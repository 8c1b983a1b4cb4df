-- ===== src/Server/Group.antt =====
-- src/server/hzl_ServerGroup.c, and the functions on one Group's counters and instants in
-- src/server/hzl_ServerBuildSecuredFd.c, hzl_ServerProcessReceivedRequest.c and
-- hzl_ServerProcessReceivedSecuredFd.c.
pub mod Counters
use hazelnet.Base.{
  ℕ, ◌+◌, ◌/◌, ◌%◌, ◌^◌, Bool, false, not, ◌&&◌, List, ltb, leb, ◌==◌, if◌then◌else◌,
}
use hazelnet.Base.Int.{◌-ℤ◌, ltb_ℤ, to_int32}
use hazelnet.Err.{Err, ok, secwarn_received_overflown_nonce, secwarn_old_message}
use hazelnet.Payload.{max_ctrnonce}
use hazelnet.Platform.{Platform}
use hazelnet.Timing.{ctr_delay}
use hazelnet.Utils.{is_all_zeros}
use hazelnet.Server.{GroupConfig, GroupState}

-- `HZL_IS_CTRNONCE_EXPIRED(ctr)`
abbrev pub is_ctrnonce_expired : ℕ → Bool
is_ctrnonce_expired ctr = leb max_ctrnonce ctr

unfoldable pub incr_current_ctrnonce : GroupState → GroupState
incr_current_ctrnonce s =
    if not (is_ctrnonce_expired s.current_ctr_nonce)
    then record s { current_ctr_nonce = s.current_ctr_nonce + 1 }
    else s

unfoldable pub incr_previous_ctrnonce : GroupState → GroupState
incr_previous_ctrnonce s =
    if not (is_ctrnonce_expired s.previous_ctr_nonce)
    then record s { previous_ctr_nonce = s.previous_ctr_nonce + 1 }
    else s

unfoldable pub renewal_phase_is_active : GroupState → Bool
renewal_phase_is_active s = not (is_all_zeros s.previous_stk)

unfoldable pub did_any_client_already_request : GroupState → Bool
did_any_client_already_request s =
    not (s.current_rx_last_message_instant == s.session_start_instant)

-- `currentRxLastMessageInstant++` is of a `uint32_t`.
unfoldable pub update_current_rx_last_message_instant : ℕ → GroupState → GroupState
update_current_rx_last_message_instant rx_timestamp s =
    if rx_timestamp == s.session_start_instant
    then record s { current_rx_last_message_instant = (rx_timestamp + 1) % 2 ^ 32 }
    else record s { current_rx_last_message_instant = rx_timestamp }

unfoldable pub is_ctrnonce_of_previous_session : GroupState → ℕ → Bool
is_ctrnonce_of_previous_session s received_ctrnonce =
    leb ((s.current_ctr_nonce + s.previous_ctr_nonce) % 2 ^ 32 / 2) received_ctrnonce

unfoldable pub choose_previous_or_current_stk : GroupState → Bool → List ℕ
choose_previous_or_current_stk s is_previous_session =
    if is_previous_session then s.previous_stk else s.current_stk

unfoldable pub update_ctrnonce_and_rx_timestamp : GroupState → ℕ → ℕ → Bool → GroupState
update_ctrnonce_and_rx_timestamp s received_ctrnonce reception_timestamp is_previous_session =
    if is_previous_session
    then (let newest : GroupState =
          if ltb s.previous_ctr_nonce received_ctrnonce
          then record s { previous_ctr_nonce = received_ctrnonce }
          else s in
        let next = incr_previous_ctrnonce newest in
        record next { previous_rx_last_message_instant = reception_timestamp })
    else (let newest : GroupState =
          if ltb s.current_ctr_nonce received_ctrnonce
          then record s { current_ctr_nonce = received_ctrnonce }
          else s in
        update_current_rx_last_message_instant reception_timestamp (incr_current_ctrnonce newest))

module _ (p : Platform) where
  -- The code, and `*isPreviousSession` (which is written only on success).
  unfoldable pub check_rx_ctrnonce : GroupConfig → GroupState → ℕ → ℕ → Err × Bool
  check_rx_ctrnonce cfg s received_ctrnonce rx_timestamp =
      if is_ctrnonce_expired received_ctrnonce
      then (secwarn_received_overflown_nonce, false)
      else (let is_previous =
            renewal_phase_is_active s && is_ctrnonce_of_previous_session s received_ctrnonce in
          let selected_last_rx_timestamp : ℕ =
            if is_previous
            then s.previous_rx_last_message_instant
            else s.current_rx_last_message_instant in
          let selected_ctr_nonce : ℕ =
            if is_previous then s.previous_ctr_nonce else s.current_ctr_nonce in
          let delay =
            ctr_delay p selected_last_rx_timestamp rx_timestamp cfg.max_ctrnonce_delay_msgs
              cfg.max_silence_interval_millis in
          let oldest_tolerated_ctr_nonce = to_int32 selected_ctr_nonce -ℤ to_int32 delay in
          if ltb_ℤ (to_int32 received_ctrnonce) oldest_tolerated_ctr_nonce
          then (secwarn_old_message, false)
          else (ok, is_previous))
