-- ===== src/Server/Request.antt =====
-- src/server/hzl_ServerProcessReceivedRequest.c: a Client asks for the Session information.
pub mod Authentic
use Prim.Native.Nat.{bit_and}
use hazelnet.Base.{
  ℕ, ◌+◌, ◌-◌, ◌^◌, not, List, [], ◌∷◌, ltb, leb, ◌==◌, get_or, length, write, slice, if◌then◌else◌,
}
use hazelnet.Endian.{encode_le24}
use hazelnet.Err.{
  Err, ok, is_ok, unknown_source, unknown_group, secwarn_not_in_group, too_short_pdu_to_contain_req,
  secwarn_received_zero_reqnonce,
}
use hazelnet.Header.{Header, header_len, header_pack}
use hazelnet.Header.Pty
use hazelnet.Message.{CbsPduMsg, aead_init_res, req_hash_init}
use hazelnet.Payload.{
  server_sid, req_reqnonce_idx, req_reqnonce_len, req_tag_idx, req_tag_len, req_payload_len,
  res_client_idx, res_ctrnonce_idx, res_ctrnonce_len, res_resnonce_idx, res_resnonce_len,
  res_ctext_idx, res_tag_idx, res_tag_len, res_payload_len,
}
use hazelnet.Platform.{Platform, Io, aead_encrypt_update, aead_encrypt_finish, hash_digest_check}
use hazelnet.Utils.{is_all_zeros, non_zero_trng}
use hazelnet.Server.{GroupState, ServerCtx, group_state, group_config, put_state, no_client}
use hazelnet.Server.Group.{update_current_rx_last_message_instant}

-- `1U << (sid - 1U)` is reached only with a SID that is not the Server's 0.
unfoldable pub validate_sid_and_gid : ServerCtx → ℕ → ℕ → Err
validate_sid_and_gid ctx gid sid =
    if leb ctx.server_config.amount_of_clients sid
    then unknown_source
    else if leb ctx.server_config.amount_of_groups gid
    then unknown_group
    else if bit_and (group_config ctx gid).client_sids_in_group_bitmap (2 ^ (sid - 1)) == 0
    then secwarn_not_in_group
    else ok

abbrev pub res_header : ℕ → Header
res_header gid = record { gid = gid; sid = server_sid; pty = Pty.res }

-- `ctx->clientConfigs[sid - 1U].ltk`
abbrev pub client_ltk : ServerCtx → ℕ → List ℕ
client_ltk ctx sid = (get_or ctx.client_configs (sid - 1) no_client).ltk

module _ (p : Platform) where
  -- The RES message, once the header, the SID, the counter nonce and the response nonce are
  -- written into `bytes`.
  unfoldable pub response_pdu : ℕ → ℕ → GroupState → List ℕ → List ℕ → ℕ → List ℕ → CbsPduMsg
  response_pdu header_type gid s ltk encoded_request_nonce client_sid bytes =
      let hdr_len = header_len header_type in
      let aead =
        aead_init_res p ltk (res_header gid)
          (slice (hdr_len + res_ctrnonce_idx) res_ctrnonce_len bytes) encoded_request_nonce
          (slice (hdr_len + res_resnonce_idx) res_resnonce_len bytes) client_sid in
      let (aead', front) = aead_encrypt_update p aead s.current_stk in
      let bytes = write bytes (hdr_len + res_ctext_idx) front in
      let (back, tag) = aead_encrypt_finish p aead' res_tag_len in
      let bytes = write bytes (hdr_len + res_ctext_idx + length front) back in
      record {
        data_len = hdr_len + res_payload_len;
        bytes = write bytes (hdr_len + res_tag_idx) tag;
      }

  -- `hzl_ServerBuildMsgResponse`
  unfoldable pub build_msg_response :
      ℕ → ℕ → GroupState → List ℕ → List ℕ → ℕ → Io → CbsPduMsg → Err × Io × CbsPduMsg
  build_msg_response header_type gid s ltk encoded_request_nonce client_sid io pdu =
      let hdr_len = header_len header_type in
      let bytes = write pdu.bytes 0 (header_pack header_type (res_header gid)) in
      let bytes = write bytes (hdr_len + res_client_idx) (client_sid ∷ []) in
      let bytes = write bytes (hdr_len + res_ctrnonce_idx) (encode_le24 s.current_ctr_nonce) in
      let (err, resnonce, io') =
        non_zero_trng p io (slice (hdr_len + res_resnonce_idx) res_resnonce_len bytes)
          res_resnonce_len in
      let bytes = write bytes (hdr_len + res_resnonce_idx) resnonce in
      if is_ok err
      then (ok, io', response_pdu header_type gid s ltk encoded_request_nonce client_sid bytes)
      else (err, io', record pdu { bytes = bytes })

  unfoldable pub process_received_request :
      CbsPduMsg → ServerCtx → List ℕ → ℕ → Header → ℕ → Err × ServerCtx × CbsPduMsg
  process_received_request pdu ctx rx_pdu rx_pdu_len hdr rx_timestamp =
      let err = validate_sid_and_gid ctx hdr.gid hdr.sid in
      if not (is_ok err)
      then (err, ctx, pdu)
      else (let hdr_len = header_len ctx.server_config.header_type in
          if ltb rx_pdu_len (hdr_len + req_payload_len)
          then (too_short_pdu_to_contain_req, ctx, pdu)
          else (let request_nonce = slice (hdr_len + req_reqnonce_idx) req_reqnonce_len rx_pdu in
              if is_all_zeros request_nonce
              then (secwarn_received_zero_reqnonce, ctx, pdu)
              else (let hash = req_hash_init p (client_ltk ctx hdr.sid) hdr request_nonce in
                  let err =
                    hash_digest_check p hash (slice (hdr_len + req_tag_idx) req_tag_len rx_pdu) in
                  if not (is_ok err)
                  then (err, ctx, pdu)
                  else (let s =
                        update_current_rx_last_message_instant rx_timestamp
                          (group_state ctx hdr.gid) in
                      let ctx' = put_state ctx hdr.gid s in
                      let (err, io', pdu') =
                        build_msg_response ctx.server_config.header_type hdr.gid s
                          (client_ltk ctx hdr.sid) request_nonce hdr.sid ctx.io pdu in
                      (err, record ctx' { io = io' }, pdu')))))
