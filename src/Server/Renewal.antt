-- ===== src/Server/Renewal.antt =====
-- src/server/hzl_ServerRenewalPhase.c: the renewal of a Group's Session, from start to end.
pub mod Phases
use hazelnet.Base.{
  ℕ, ◌+◌, ◌*◌, ◌%◌, ◌^◌, Bool, ◌&&◌, ◌||◌, List, [], ◌∷◌, ltb, leb, write, slice, if◌then◌else◌,
}
use hazelnet.Endian.{encode_le24}
use hazelnet.Err.{Err, ok, is_ok}
use hazelnet.Header.{Header, header_len, header_pack}
use hazelnet.Header.Pty
use hazelnet.Message.{CbsPduMsg}
use hazelnet.Payload.{
  server_sid, stk_len, ren_label, ren_ctrnonce_idx, ren_ctrnonce_len, ren_tag_idx, ren_tag_len,
  ren_payload_len,
}
use hazelnet.Platform.{Platform, Io, Hash, current_time, hash_init, hash_update, hash_digest}
use hazelnet.Timing.{time_delta}
use hazelnet.Utils.{non_zero_trng, zero_out}
use hazelnet.Server.{GroupConfig, GroupState}
use hazelnet.Server.Group.{incr_previous_ctrnonce, renewal_phase_is_active}

-- The products are of `uint32_t`.
unfoldable pub renewal_phase_is_over : GroupConfig → GroupState → ℕ → Bool
renewal_phase_is_over cfg s now =
    leb (2 * cfg.max_ctrnonce_delay_msgs % 2 ^ 32) s.current_ctr_nonce
    || ltb (6 * cfg.delay_between_ren_notifications_millis % 2 ^ 32)
        (time_delta s.session_start_instant now)

unfoldable pub session_is_expired : GroupConfig → GroupState → ℕ → Bool
session_is_expired cfg s now =
    leb cfg.ctr_nonce_upper_limit s.current_ctr_nonce
    || ltb cfg.session_duration_millis (time_delta s.session_start_instant now)

unfoldable pub renewal_phase_exit : GroupState → GroupState
renewal_phase_exit s = record s {
  previous_stk = zero_out stk_len;
  previous_rx_last_message_instant = 0;
  previous_ctr_nonce = 0;
}

unfoldable pub renewal_phase_exit_if_needed : GroupConfig → GroupState → ℕ → GroupState
renewal_phase_exit_if_needed cfg s now =
    if renewal_phase_is_active s && renewal_phase_is_over cfg s now then renewal_phase_exit s else s

-- The first step of `hzl_ServerSessionRenewalPhaseEnter`.
unfoldable pub back_up_session : GroupState → GroupState
back_up_session s = record s {
  previous_stk = s.current_stk;
  previous_rx_last_message_instant = s.current_rx_last_message_instant;
  previous_ctr_nonce = s.current_ctr_nonce;
}

abbrev pub ren_header : ℕ → Header
ren_header gid = record { gid = gid; sid = server_sid; pty = Pty.ren }

module _ (p : Platform) where
  unfoldable pub renewal_phase_enter : Io → GroupState → Err × GroupState × Io
  renewal_phase_enter io s =
      let backed_up = back_up_session s in
      let (time_err, now, io') = current_time p io in
      if is_ok time_err
      then (let started : GroupState = record backed_up {
        session_start_instant = now;
        current_rx_last_message_instant = now;
      } in
          let (rng_err, stk, io'') = non_zero_trng p io' s.current_stk stk_len in
          let keyed : GroupState = record started { current_stk = stk } in
          if is_ok rng_err
          then (ok, record keyed { current_ctr_nonce = 0 }, io'')
          else (rng_err, keyed, io''))
      else (time_err, backed_up, io')

  unfoldable pub ren_hash_init : List ℕ → Header → List ℕ → Hash p
  ren_hash_init stk hdr encoded_ctrnonce =
      let hash = hash_init p in
      let hash = hash_update p hash stk in
      let hash = hash_update p hash ren_label in
      let hash = hash_update p hash (hdr.gid ∷ []) in
      let hash = hash_update p hash (hdr.sid ∷ []) in
      let hash = hash_update p hash (hdr.pty ∷ []) in hash_update p hash encoded_ctrnonce

  -- The message that `hzl_ServerBuildMsgRenewal` writes.
  unfoldable pub renewal_pdu : ℕ → ℕ → GroupState → CbsPduMsg → CbsPduMsg
  renewal_pdu header_type gid s pdu =
      let hdr_len = header_len header_type in
      let with_header = write pdu.bytes 0 (header_pack header_type (ren_header gid)) in
      let with_ctrnonce =
        write with_header (hdr_len + ren_ctrnonce_idx) (encode_le24 s.previous_ctr_nonce) in
      let hash =
        ren_hash_init s.previous_stk (ren_header gid)
          (slice (hdr_len + ren_ctrnonce_idx) ren_ctrnonce_len with_ctrnonce) in
      record {
        data_len = hdr_len + ren_payload_len;
        bytes = write with_ctrnonce (hdr_len + ren_tag_idx) (hash_digest p hash ren_tag_len);
      }

  unfoldable pub build_msg_renewal : ℕ → ℕ → GroupState → CbsPduMsg → Err × GroupState × CbsPduMsg
  build_msg_renewal header_type gid s pdu =
      (ok, incr_previous_ctrnonce s, renewal_pdu header_type gid s pdu)

  unfoldable pub renewal_phase_enter_if_needed :
      ℕ → ℕ → GroupConfig → ℕ → Io → GroupState → CbsPduMsg → Err × GroupState × Io × CbsPduMsg
  renewal_phase_enter_if_needed header_type gid cfg now io s pdu =
      if session_is_expired cfg s now
      then (let (err, s', io') = renewal_phase_enter io s in
          if is_ok err
          then (let (err', s'', pdu') = build_msg_renewal header_type gid s' pdu in
              (err', s'', io', pdu'))
          else (err, s', io', pdu))
      else (ok, s, io, pdu)
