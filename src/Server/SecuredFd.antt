-- ===== src/Server/SecuredFd.antt =====
-- src/server/hzl_ServerProcessReceivedSecuredFd.c: secured application data.
pub mod Refusal
use hazelnet.Base.{
  ℕ, ◌+◌, Bool, true, not, ◌||◌, List, ltb, get_or, length, write, slice, if◌then◌else◌,
}
use hazelnet.Endian.{decode_le24}
use hazelnet.Err.{Err, ok, is_ok, too_short_pdu_to_contain_sadfd, too_long_ciphertext}
use hazelnet.Header.{Header, header_len}
use hazelnet.Message.{CbsPduMsg, RxSduMsg, aead_init_sadfd}
use hazelnet.Payload.{
  max_can_fd_data_len, sadfd_ctrnonce_idx, sadfd_ctrnonce_len, sadfd_ptlen_idx, sadfd_ctext_idx,
  sadfd_tag_idx, sadfd_tag_len, sadfd_payload_len, sadfd_metadata_in_payload_len,
}
use hazelnet.Platform.{Platform, aead_decrypt_update, aead_decrypt_finish}
use hazelnet.Utils.{zero_out}
use hazelnet.Server.{GroupState, ServerCtx, group_state, group_config, put_state}
use hazelnet.Server.Group.{
  check_rx_ctrnonce, choose_previous_or_current_stk, update_ctrnonce_and_rx_timestamp,
}
use hazelnet.Server.Renewal.{renewal_phase_exit_if_needed, renewal_phase_enter_if_needed}
use hazelnet.Server.Request.{validate_sid_and_gid}

module _ (p : Platform) where
  -- The decryption and the check of the tag: the code, and the 64 bytes of user data, cleared as
  -- far as the plaintext reaches if the tag is refused.
  unfoldable pub decrypt_sadfd : ℕ → List ℕ → Header → ℕ → ℕ → List ℕ → List ℕ → Err × List ℕ
  decrypt_sadfd hdr_len stk hdr received_ctrnonce ptlen rx_pdu out =
      let aead = aead_init_sadfd p stk hdr received_ctrnonce ptlen in
      let (aead', front) =
        aead_decrypt_update p aead (slice (hdr_len + sadfd_ctext_idx) ptlen rx_pdu) in
      let out' = write out 0 front in
      let (err, back) =
        aead_decrypt_finish p aead' (slice (hdr_len + sadfd_tag_idx ptlen) sadfd_tag_len rx_pdu) in
      let out'' = write out' (length front) back in
      if is_ok err then (ok, out'') else (err, write out'' 0 (zero_out ptlen))

  -- What remains once the message is long enough and its counter nonce accepted.
  unfoldable pub accept_secured_fd :
      CbsPduMsg
      → RxSduMsg
      → ServerCtx
      → List ℕ
      → ℕ
      → Header
      → ℕ
      → GroupState
      → ℕ
      → Bool
      → Err × ServerCtx × CbsPduMsg × RxSduMsg
  accept_secured_fd pdu sdu ctx rx_pdu rx_pdu_len hdr rx_timestamp s received_ctrnonce is_previous =
      let header_type = ctx.server_config.header_type in
      let hdr_len = header_len header_type in
      let cfg = group_config ctx hdr.gid in
      let ptlen = get_or rx_pdu (hdr_len + sadfd_ptlen_idx) 0 in
      let inferred = hdr_len + sadfd_payload_len ptlen in
      if ltb rx_pdu_len inferred || ltb max_can_fd_data_len inferred
      then (too_long_ciphertext, put_state ctx hdr.gid s, pdu, sdu)
      else (let (err, out) =
            decrypt_sadfd hdr_len (choose_previous_or_current_stk s is_previous) hdr
              received_ctrnonce ptlen rx_pdu sdu.bytes in
          if not (is_ok err)
          then (err, put_state ctx hdr.gid s, pdu, record sdu { bytes = out })
          else (let s' =
                update_ctrnonce_and_rx_timestamp s received_ctrnonce rx_timestamp is_previous in
              let sdu' : RxSduMsg = record sdu {
                was_secured = true;
                is_for_user = true;
                gid = hdr.gid;
                sid = hdr.sid;
                data_len = ptlen;
                bytes = out;
              } in
              let (err, s'', io', pdu') =
                renewal_phase_enter_if_needed p header_type hdr.gid cfg rx_timestamp ctx.io s'
                  pdu in
              (err, record (put_state ctx hdr.gid s'') { io = io' }, pdu', sdu')))

  unfoldable pub process_received_secured_fd :
      CbsPduMsg
      → RxSduMsg
      → ServerCtx
      → List ℕ
      → ℕ
      → Header
      → ℕ
      → Err × ServerCtx × CbsPduMsg × RxSduMsg
  process_received_secured_fd pdu sdu ctx rx_pdu rx_pdu_len hdr rx_timestamp =
      let err = validate_sid_and_gid ctx hdr.gid hdr.sid in
      if not (is_ok err)
      then (err, ctx, pdu, sdu)
      else (let cfg = group_config ctx hdr.gid in
          let s = renewal_phase_exit_if_needed cfg (group_state ctx hdr.gid) rx_timestamp in
          let hdr_len = header_len ctx.server_config.header_type in
          if ltb rx_pdu_len (hdr_len + sadfd_metadata_in_payload_len)
          then (too_short_pdu_to_contain_sadfd, put_state ctx hdr.gid s, pdu, sdu)
          else (let received_ctrnonce =
                decode_le24 (slice (hdr_len + sadfd_ctrnonce_idx) sadfd_ctrnonce_len rx_pdu) in
              let (err, is_previous) = check_rx_ctrnonce p cfg s received_ctrnonce rx_timestamp in
              if not (is_ok err)
              then (err, put_state ctx hdr.gid s, pdu, sdu)
              else accept_secured_fd pdu sdu ctx rx_pdu rx_pdu_len hdr rx_timestamp s
                  received_ctrnonce is_previous))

» **Exercise brief**
Only the lines above starting at the one containing "unfoldable pub choose_previous_or_current_stk" and ending at the one containing "if ltb s.previous_ctr_nonce", both included, are to be returned, exactly as they read.

» **Task result**
unfoldable pub choose_previous_or_current_stk : GroupState → Bool → List ℕ
choose_previous_or_current_stk s is_previous_session =
    if is_previous_session then s.previous_stk else s.current_stk

unfoldable pub update_ctrnonce_and_rx_timestamp : GroupState → ℕ → ℕ → Bool → GroupState
update_ctrnonce_and_rx_timestamp s received_ctrnonce reception_timestamp is_previous_session =
    if is_previous_session
    then (let newest : GroupState =
          if ltb s.previous_ctr_nonce received_ctrnonce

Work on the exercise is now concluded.